▶ TASK INSTRUCTIONS: Give again, word for word, every line in the entries below from the line with "inl here ↦ rw" up to and including the line with "lookup h z.entities)", and no other line.

_ _ _ _

-- ===== src/Simulation/Invariant.antt =====
-- The invariant of the simulation (src/NECROWorld/Server/Simulation/WorldSimulation.cpp): its zones
-- are valid, and its tables of players list exactly who is in them.
use necro_mmo.Common.{
  ℕ, ◌≡◌, refl, sym, ap, ◌∙◌, ◌≢◌, Option, none, some, ◌==◌, if◌then◌else◌, arith, Bool-cases, inl,
  inr, ==→eq,
}
use necro_mmo.Common.Dict.{Dict, lookup, insert, lookup-insert}
use necro_mmo.Entity.{Entity}
use necro_mmo.Zone.{Zone}
use necro_mmo.Zone.Placement as Placement
use necro_mmo.Zone.Kept.{Kept, SameOwner}
use necro_mmo.Simulation.{Simulation, Pointer}
use necro_mmo.Simulation.Registry.{Who, Agree, Agree-ext, with_owner}

-- The character of an entity, where there is one.
abbrev pub owner : Option Entity → Option ℕ
owner none = none
owner (some e) = some e.char_id

abbrev pub owner_in : Option Zone → ℕ → Option ℕ
owner_in none g = none
owner_in (some z) g = owner (lookup g z.entities)

abbrev pub who_in : Dict Zone → Who
who_in zones id g = owner_in (lookup id zones) g

-- On the parts of the simulation that it is about.
pub record Holds (zones : Dict Zone) (players : Dict Pointer) (chars : Dict ℕ) (next : ℕ)
    : Type 0 where
  pub zones_valid :
      (id : ℕ) (z : Zone) → lookup id zones ≡ some z → Placement.IsValid z × (z.zone_id ≡ id)
  pub agree : Agree players chars (who_in zones) next

abbrev pub IsValid : Simulation → Type 0
IsValid s = Holds s.zones s.players s.char_id_to_guid s.next_guid

-- A zone's write shows under its own id alone.
pub who_in-insert :
    (zones : Dict Zone) (id i g : ℕ) (z : Zone)
    → who_in (insert id z zones) i g
      ≡ (if id == i then owner (lookup g z.entities) else who_in zones i g)
who_in-insert zones id i g z = elim (Bool-cases (id == i)) [
  | inl same ↦ ap (λ o. owner_in o g) (lookup-insert id i z zones) ∙ rw same refl
  | inr other ↦ ap (λ o. owner_in o g) (lookup-insert id i z zones) ∙ rw other refl
]

-- A zone that is overwritten with a valid one.
pub zones_valid-insert :
    (zones : Dict Zone) (id : ℕ) (z : Zone)
    → ((i : ℕ) (y : Zone) → lookup i zones ≡ some y → Placement.IsValid y × (y.zone_id ≡ i))
    → Placement.IsValid z
    → z.zone_id ≡ id
    → (i : ℕ) (y : Zone) → lookup i (insert id z zones) ≡ some y
    → Placement.IsValid y × (y.zone_id ≡ i)
zones_valid-insert zones id z all v e i y k = elim (Bool-cases (id == i)) [
  | inl same ↦
      let eq : z ≡ y = ground (arith, lookup-insert id i z zones) in
      rw (sym eq) (v, e ∙ ==→eq id i same)
  | inr other ↦ all i y (ground (arith, lookup-insert id i z zones))
]

-- A zone whose inhabitants stay the same characters under the same guids.
pub Holds-put :
    (zones : Dict Zone) (players : Dict Pointer) (chars : Dict ℕ) (next id : ℕ) (z z' : Zone)
    → Holds zones players chars next
    → lookup id zones ≡ some z
    → Placement.IsValid z'
    → z'.zone_id ≡ z.zone_id
    → ((g : ℕ) → owner (lookup g z'.entities) ≡ owner (lookup g z.entities))
    → Holds (insert id z' zones) players chars next
Holds-put zones players chars next id z z' h known v e same = record {
  zones_valid = zones_valid-insert zones id z' h.zones_valid v (e ∙ (h.zones_valid id z known).1);
  agree =
      Agree-ext players chars (who_in zones) (who_in (insert id z' zones)) next
        (λ i g. who_in-insert zones id i g z' ∙ unchanged i g) h.agree;
}
  where
    unchanged :
        (i g : ℕ)
        → (if id == i then owner (lookup g z'.entities) else who_in zones i g) ≡ who_in zones i g
    unchanged i g = elim (Bool-cases (id == i)) [
      | inl here ↦ rw here (
          same g
          ∙ (sym (ap (λ o. owner_in o g) known) ∙ ap (λ j. who_in zones j g) (==→eq id i here)))
      | inr other ↦ rw other refl
    ]

owner-SameOwner : (a b : Option Entity) → SameOwner a b → owner b ≡ owner a
owner-SameOwner none none s = refl
owner-SameOwner (some a) (some b) s = ap (λ c. some c) s.0
owner-SameOwner none (some b) s = absurd s
owner-SameOwner (some a) none s = absurd s

pub Holds-Kept :
    (zones : Dict Zone) (players : Dict Pointer) (chars : Dict ℕ) (next id : ℕ) (z z' : Zone)
    → Holds zones players chars next
    → lookup id zones ≡ some z
    → Placement.IsValid z'
    → Kept z z'
    → Holds (insert id z' zones) players chars next
Holds-Kept zones players chars next id z z' h known v k =
    Holds-put zones players chars next id z z' h known v k.id
      (λ g. owner-SameOwner _ _ (k.owners g))

-- A guid's entity that a zone gains or loses.
pub who_in-changed :
    (zones : Dict Zone) (id g : ℕ) (z z' : Zone) (o : Option ℕ)
    → lookup id zones ≡ some z
    → owner (lookup g z'.entities) ≡ o
    → ((h : ℕ) → h ≢ g → lookup h z'.entities ≡ lookup h z.entities)
    → (i h : ℕ) → who_in (insert id z' zones) i h ≡ with_owner id g o (who_in zones) i h
who_in-changed zones id g z z' o known at others i h =
    who_in-insert zones id i h z' ∙ elim (Bool-cases (id == i)) [
      | inr elsewhere ↦ rw elsewhere (ground arith)
      | inl here ↦ elim (Bool-cases (h == g)) [
        | inl same ↦
            let eh = ==→eq h g same in
            rw here
              (ap (λ k. owner (lookup k z'.entities)) eh ∙ (at ∙ ground (arith, ==→eq id i here)))
        | inr other ↦
            let back : owner_in (some z) h ≡ who_in zones i h =
              sym (ap (λ x. owner_in x h) known) ∙ ap (λ j. who_in zones j h) (==→eq id i here) in
            rw here (ap owner (others h (λ e. ground arith)) ∙ (back ∙ ground arith))
      ]
    ]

_ _ _ _

▶ REPLY TO THE TASK:
      | inl here ↦ rw here (
          same g
          ∙ (sym (ap (λ o. owner_in o g) known) ∙ ap (λ j. who_in zones j g) (==→eq id i here)))
      | inr other ↦ rw other refl
    ]

owner-SameOwner : (a b : Option Entity) → SameOwner a b → owner b ≡ owner a
owner-SameOwner none none s = refl
owner-SameOwner (some a) (some b) s = ap (λ c. some c) s.0
owner-SameOwner none (some b) s = absurd s
owner-SameOwner (some a) none s = absurd s

pub Holds-Kept :
    (zones : Dict Zone) (players : Dict Pointer) (chars : Dict ℕ) (next id : ℕ) (z z' : Zone)
    → Holds zones players chars next
    → lookup id zones ≡ some z
    → Placement.IsValid z'
    → Kept z z'
    → Holds (insert id z' zones) players chars next
Holds-Kept zones players chars next id z z' h known v k =
    Holds-put zones players chars next id z z' h known v k.id
      (λ g. owner-SameOwner _ _ (k.owners g))

-- A guid's entity that a zone gains or loses.
pub who_in-changed :
    (zones : Dict Zone) (id g : ℕ) (z z' : Zone) (o : Option ℕ)
    → lookup id zones ≡ some z
    → owner (lookup g z'.entities) ≡ o
    → ((h : ℕ) → h ≢ g → lookup h z'.entities ≡ lookup h z.entities)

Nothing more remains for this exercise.